TASK STATEMENT → Every line holding the word "that" should be copied from the material.

SUPPLIED DATA →

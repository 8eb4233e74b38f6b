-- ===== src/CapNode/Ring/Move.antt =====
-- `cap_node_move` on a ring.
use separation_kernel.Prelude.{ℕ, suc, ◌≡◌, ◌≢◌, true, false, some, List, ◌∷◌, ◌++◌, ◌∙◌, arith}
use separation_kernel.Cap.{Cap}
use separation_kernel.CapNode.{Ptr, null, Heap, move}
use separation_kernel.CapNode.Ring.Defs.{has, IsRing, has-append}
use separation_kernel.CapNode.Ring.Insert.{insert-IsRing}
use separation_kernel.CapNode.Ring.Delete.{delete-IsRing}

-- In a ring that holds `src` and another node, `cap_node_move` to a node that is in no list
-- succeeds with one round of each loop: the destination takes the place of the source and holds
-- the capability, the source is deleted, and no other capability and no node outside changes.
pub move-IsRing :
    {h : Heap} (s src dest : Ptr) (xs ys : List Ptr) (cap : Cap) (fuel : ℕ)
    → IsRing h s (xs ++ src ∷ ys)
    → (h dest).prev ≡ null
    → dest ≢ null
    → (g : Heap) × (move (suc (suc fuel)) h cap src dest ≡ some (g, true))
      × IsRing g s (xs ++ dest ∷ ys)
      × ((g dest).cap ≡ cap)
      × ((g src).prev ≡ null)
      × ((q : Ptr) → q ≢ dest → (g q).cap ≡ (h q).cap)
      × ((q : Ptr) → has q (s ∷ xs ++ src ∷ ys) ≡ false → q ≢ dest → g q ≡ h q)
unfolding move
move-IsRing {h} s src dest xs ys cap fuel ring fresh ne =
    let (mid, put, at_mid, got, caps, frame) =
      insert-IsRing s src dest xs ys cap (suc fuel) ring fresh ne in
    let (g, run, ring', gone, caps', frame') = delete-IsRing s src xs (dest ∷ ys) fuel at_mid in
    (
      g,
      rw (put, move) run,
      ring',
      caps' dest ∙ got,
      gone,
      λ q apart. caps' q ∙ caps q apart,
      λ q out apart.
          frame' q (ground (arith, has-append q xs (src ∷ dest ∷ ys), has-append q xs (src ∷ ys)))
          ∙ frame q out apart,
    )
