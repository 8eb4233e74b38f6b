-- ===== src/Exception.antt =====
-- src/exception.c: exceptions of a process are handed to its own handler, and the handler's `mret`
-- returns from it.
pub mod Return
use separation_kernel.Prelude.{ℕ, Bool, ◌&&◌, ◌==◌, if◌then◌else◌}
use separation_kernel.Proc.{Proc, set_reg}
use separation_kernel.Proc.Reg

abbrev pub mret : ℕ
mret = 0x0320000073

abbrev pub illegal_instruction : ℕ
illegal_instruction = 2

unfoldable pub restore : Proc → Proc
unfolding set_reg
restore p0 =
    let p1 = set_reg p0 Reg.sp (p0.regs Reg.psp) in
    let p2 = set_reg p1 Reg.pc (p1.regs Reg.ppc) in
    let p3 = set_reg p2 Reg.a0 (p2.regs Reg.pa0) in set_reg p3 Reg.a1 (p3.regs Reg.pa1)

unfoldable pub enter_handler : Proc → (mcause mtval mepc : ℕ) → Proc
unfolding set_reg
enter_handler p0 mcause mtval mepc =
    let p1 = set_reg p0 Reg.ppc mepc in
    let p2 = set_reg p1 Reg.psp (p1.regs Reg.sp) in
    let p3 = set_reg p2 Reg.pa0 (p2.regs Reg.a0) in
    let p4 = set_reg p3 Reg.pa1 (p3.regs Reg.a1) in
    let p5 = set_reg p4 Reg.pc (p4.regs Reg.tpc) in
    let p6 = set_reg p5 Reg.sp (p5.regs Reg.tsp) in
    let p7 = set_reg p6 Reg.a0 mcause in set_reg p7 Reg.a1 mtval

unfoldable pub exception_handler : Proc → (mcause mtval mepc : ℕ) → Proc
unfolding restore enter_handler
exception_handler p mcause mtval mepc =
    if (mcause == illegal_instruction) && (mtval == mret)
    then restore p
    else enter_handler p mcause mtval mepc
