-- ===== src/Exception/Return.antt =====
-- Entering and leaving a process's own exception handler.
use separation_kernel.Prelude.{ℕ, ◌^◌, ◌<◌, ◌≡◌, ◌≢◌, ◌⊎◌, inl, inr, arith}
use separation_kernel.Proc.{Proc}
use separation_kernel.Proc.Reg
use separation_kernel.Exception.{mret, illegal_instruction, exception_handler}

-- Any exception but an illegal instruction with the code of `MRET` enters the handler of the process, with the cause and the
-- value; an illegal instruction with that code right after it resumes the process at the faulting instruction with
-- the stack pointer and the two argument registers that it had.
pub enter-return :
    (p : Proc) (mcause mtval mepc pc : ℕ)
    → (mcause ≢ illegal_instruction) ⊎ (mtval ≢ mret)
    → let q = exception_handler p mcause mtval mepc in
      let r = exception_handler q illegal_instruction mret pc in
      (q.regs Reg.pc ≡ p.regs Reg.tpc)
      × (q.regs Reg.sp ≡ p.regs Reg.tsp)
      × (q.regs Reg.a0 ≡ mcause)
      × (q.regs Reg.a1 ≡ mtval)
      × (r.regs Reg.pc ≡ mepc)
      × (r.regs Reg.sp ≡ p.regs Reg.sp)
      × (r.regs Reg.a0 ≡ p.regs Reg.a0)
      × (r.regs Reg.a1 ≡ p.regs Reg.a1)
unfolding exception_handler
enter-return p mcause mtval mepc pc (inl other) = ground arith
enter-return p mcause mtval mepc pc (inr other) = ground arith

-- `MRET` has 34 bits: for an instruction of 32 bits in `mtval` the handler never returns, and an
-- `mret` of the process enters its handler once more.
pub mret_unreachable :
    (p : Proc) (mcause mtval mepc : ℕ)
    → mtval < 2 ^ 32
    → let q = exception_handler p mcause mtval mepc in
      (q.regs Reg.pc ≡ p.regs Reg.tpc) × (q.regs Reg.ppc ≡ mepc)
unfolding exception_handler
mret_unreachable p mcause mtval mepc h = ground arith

TASK OUTPUT →
-- In a ring that holds `src` and another node, `cap_node_move` to a node that is in no list
-- value; an illegal instruction with that code right after it resumes the process at the faulting instruction with
-- the stack pointer and the two argument registers that it had.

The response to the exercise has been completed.